◆ Records for the task ◆

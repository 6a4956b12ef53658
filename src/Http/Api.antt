-- ===== src/Http/Api.antt =====
-- NetServer/src/HttpApi.cpp and HttpApi.hpp: the routes of the HTTP server, and its start and stop.
-- The server library is a parameter.
use log_grid.Base.{Bool, List, Option, [], false, some, true, ℕ, ◌∷◌}
use log_grid.Http.{Json, Response, SearchController, handle_get_search, handle_post_search}

-- What the routes use of a request: its body, and the text of the path parameter `id`.
pub record Request : Type 0 where
  pub body : List ℕ
  pub id_param : List ℕ

-- The library's calls, on a server that keeps handlers of the type `H`: a route for POST and for GET,
-- the loop that serves a host and a port, its end, and the handler for the method and the path of a
-- request. A method is POST or not.
pub record HttpServer (Srv H : Type 0) : Type 0 where
  pub post : List ℕ → H → Srv → Srv
  pub get : List ℕ → H → Srv → Srv
  pub listen : List ℕ → ℕ → Srv → Srv
  pub stop : Srv → Srv

-- "/api/search", "/api/status/:id" and "0.0.0.0"
abbrev pub search_pattern : List ℕ
search_pattern = 47 ∷ 97 ∷ 112 ∷ 105 ∷ 47 ∷ 115 ∷ 101 ∷ 97 ∷ 114 ∷ 99 ∷ 104 ∷ []

abbrev pub status_pattern : List ℕ
status_pattern =
    47 ∷ 97 ∷ 112 ∷ 105 ∷ 47 ∷ 115 ∷ 116 ∷ 97 ∷ 116 ∷ 117 ∷ 115 ∷ 47 ∷ 58 ∷ 105 ∷ 100 ∷ []

abbrev pub any_host : List ℕ
any_host = 48 ∷ 46 ∷ 48 ∷ 46 ∷ 48 ∷ 46 ∷ 48 ∷ []

module _ {Srv S J : Type 0} (http : HttpServer Srv (Request → S → Option (Response × S)))
    (controller : SearchController S) (json : Json J) where
  -- HttpApi with its controller: the server, and whether the thread serves.
  pub record HttpApi : Type 0 where
    pub svr : Srv
    pub serving : Bool

  abbrev pub post_handler : Request → S → Option (Response × S)
  post_handler req s = handle_post_search controller.service json req.body s

  abbrev pub get_handler : Request → S → Option (Response × S)
  get_handler req s = some (handle_get_search controller.service req.id_param s, s)

  -- `RegisterRoutes`
  unfoldable pub register_routes : Srv → Srv
  register_routes svr =
      http.get status_pattern get_handler (http.post search_pattern post_handler svr)

  -- `Start`
  unfoldable pub start : ℕ → HttpApi → HttpApi
  start port api = record {
    svr = http.listen any_host port (register_routes api.svr);
    serving = true;
  }

  -- `Stop`
  unfoldable pub stop : HttpApi → HttpApi
  stop api = record { svr = http.stop api.svr; serving = false }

◆ Task directions ◆
Would you please write the entries out again in full, exactly as given?

◆ Result below ◆
repository 6a4956b12ef53658
filename src/Http/Api.antt
-- ===== src/Http/Api.antt =====
-- NetServer/src/HttpApi.cpp and HttpApi.hpp: the routes of the HTTP server, and its start and stop.
-- The server library is a parameter.
use log_grid.Base.{Bool, List, Option, [], false, some, true, ℕ, ◌∷◌}
use log_grid.Http.{Json, Response, SearchController, handle_get_search, handle_post_search}

-- What the routes use of a request: its body, and the text of the path parameter `id`.
pub record Request : Type 0 where
  pub body : List ℕ
  pub id_param : List ℕ

-- The library's calls, on a server that keeps handlers of the type `H`: a route for POST and for GET,
-- the loop that serves a host and a port, its end, and the handler for the method and the path of a
-- request. A method is POST or not.
pub record HttpServer (Srv H : Type 0) : Type 0 where
  pub post : List ℕ → H → Srv → Srv
  pub get : List ℕ → H → Srv → Srv
  pub listen : List ℕ → ℕ → Srv → Srv
  pub stop : Srv → Srv

-- "/api/search", "/api/status/:id" and "0.0.0.0"
abbrev pub search_pattern : List ℕ
search_pattern = 47 ∷ 97 ∷ 112 ∷ 105 ∷ 47 ∷ 115 ∷ 101 ∷ 97 ∷ 114 ∷ 99 ∷ 104 ∷ []

abbrev pub status_pattern : List ℕ
status_pattern =
    47 ∷ 97 ∷ 112 ∷ 105 ∷ 47 ∷ 115 ∷ 116 ∷ 97 ∷ 116 ∷ 117 ∷ 115 ∷ 47 ∷ 58 ∷ 105 ∷ 100 ∷ []

abbrev pub any_host : List ℕ
any_host = 48 ∷ 46 ∷ 48 ∷ 46 ∷ 48 ∷ 46 ∷ 48 ∷ []

module _ {Srv S J : Type 0} (http : HttpServer Srv (Request → S → Option (Response × S)))
    (controller : SearchController S) (json : Json J) where
  -- HttpApi with its controller: the server, and whether the thread serves.
  pub record HttpApi : Type 0 where
    pub svr : Srv
    pub serving : Bool

  abbrev pub post_handler : Request → S → Option (Response × S)
  post_handler req s = handle_post_search controller.service json req.body s

  abbrev pub get_handler : Request → S → Option (Response × S)
  get_handler req s = some (handle_get_search controller.service req.id_param s, s)

  -- `RegisterRoutes`
  unfoldable pub register_routes : Srv → Srv
  register_routes svr =
      http.get status_pattern get_handler (http.post search_pattern post_handler svr)

  -- `Start`
  unfoldable pub start : ℕ → HttpApi → HttpApi
  start port api = record {
    svr = http.listen any_host port (register_routes api.svr);
    serving = true;
  }

  -- `Stop`
  unfoldable pub stop : HttpApi → HttpApi
  stop api = record { svr = http.stop api.svr; serving = false }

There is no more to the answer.